■ WHAT YOU NEED TO DO
After reading the data below, copy out every line that contains the word "Multipath".

■ EXTRACTED RECORDS

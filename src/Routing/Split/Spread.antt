-- ===== src/Routing/Split/Spread.antt =====
-- What a split of the requests over the paths of their pairs is.
use convergent_routing_analy.Prelude.{
  length-map, ℕ, suc, ◌+◌, ◌<◌, ◌≡◌, ◌∙◌, List, [], ◌∷◌, some, length, length-replicate, ◌&&◌, ◌==◌,
  if◌then◌else◌, Bool-cases, inl, inr, ◌||◌,
}
use convergent_routing_analy.Float.{Float64, Float, of_nat, le}
use convergent_routing_analy.Graph.{Graph}
use convergent_routing_analy.Routing.Requests.{RouteRequest, Route}
use convergent_routing_analy.Routing.Multipath.{
  KPath, raw_weights, sum_from, all_zero, proportional_split, draw_path,
}
use convergent_routing_analy.Routing.Multipath.Ordered.{length-raw_weights}
use convergent_routing_analy.Routing.Split.{OdEntry, OdKPaths, od_k_paths, route_along}
use convergent_routing_analy.Routing.Split.Drawn.{entry_at}

-- How many requests drew the path j of the slot t.
abbrev pub uses : ℕ → ℕ → List ℕ → List ℕ → ℕ
uses t j [] chosen = 0
uses t j (s ∷ slots) [] = 0
uses t j (s ∷ slots) (c ∷ chosen) = (if s == t && c == j then 1 else 0) + uses t j slots chosen

abbrev pub slot_uses : ℕ → List ℕ → ℕ
slot_uses t [] = 0
slot_uses t (s ∷ slots) = (if s == t then 1 else 0) + slot_uses t slots

module _ ⦃f : Float64⦄ where
  pub length-proportional_split :
      (paths : List KPath) → length (proportional_split paths) ≡ length paths
  unfolding proportional_split
  length-proportional_split paths =
      elim (Bool-cases
        (all_zero paths || le (sum_from (of_nat 0) (raw_weights paths)) (of_nat 0))) [
          | inl uniform ↦ rw uniform (length-replicate (length paths) _)
          | inr weighed ↦ rw weighed (length-map _ (raw_weights paths) ∙ length-raw_weights paths)
        ]

  -- The route of the request is the path `choice` of the pair in the slot, which joins its nearest
  -- nodes, and u draws it.
  pub record Draws (g : Graph) (n : ℕ) (od : ℕ → OdKPaths) (u : Float) (req : RouteRequest)
      (route : Route) (slot choice : ℕ) : Type 0 where
    pub in_ods : slot < n
    pub origin : g.nearest_node req.from ≡ some (od slot).src
    pub destination : g.nearest_node req.to ≡ some (od slot).dst
    pub in_paths : choice < length (od slot).paths
    pub drawn : choice ≡ draw_path (proportional_split (od slot).paths) u
    pub along : route ≡ route_along req (od slot).paths choice

  -- So for each request in order, with the numbers from the index on.
  pub data AllDrawn (g : Graph) (n : ℕ) (od : ℕ → OdKPaths) (draw : ℕ → Float)
      : ℕ → List RouteRequest → List Route → List ℕ → List ℕ → Type 0 where
    none_drawn : {i : ℕ} → AllDrawn g n od draw i [] [] [] []
    one_drawn :
        {i : ℕ} {req : RouteRequest} {reqs : List RouteRequest} {route : Route}
        {routes : List Route} {slot : ℕ} {slots : List ℕ} {choice : ℕ} {chosen : List ℕ}
        → Draws g n od (draw i) req route slot choice
        → AllDrawn g n od draw (suc i) reqs routes slots chosen
        → AllDrawn g n od draw i (req ∷ reqs) (route ∷ routes) (slot ∷ slots) (choice ∷ chosen)

  abbrev pub od_of : List OdEntry → ℕ → OdKPaths
  od_of es t = od_k_paths (entry_at es t)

■ TASK RESULT
use convergent_routing_analy.Routing.Multipath.{
use convergent_routing_analy.Routing.Multipath.Ordered.{length-raw_weights}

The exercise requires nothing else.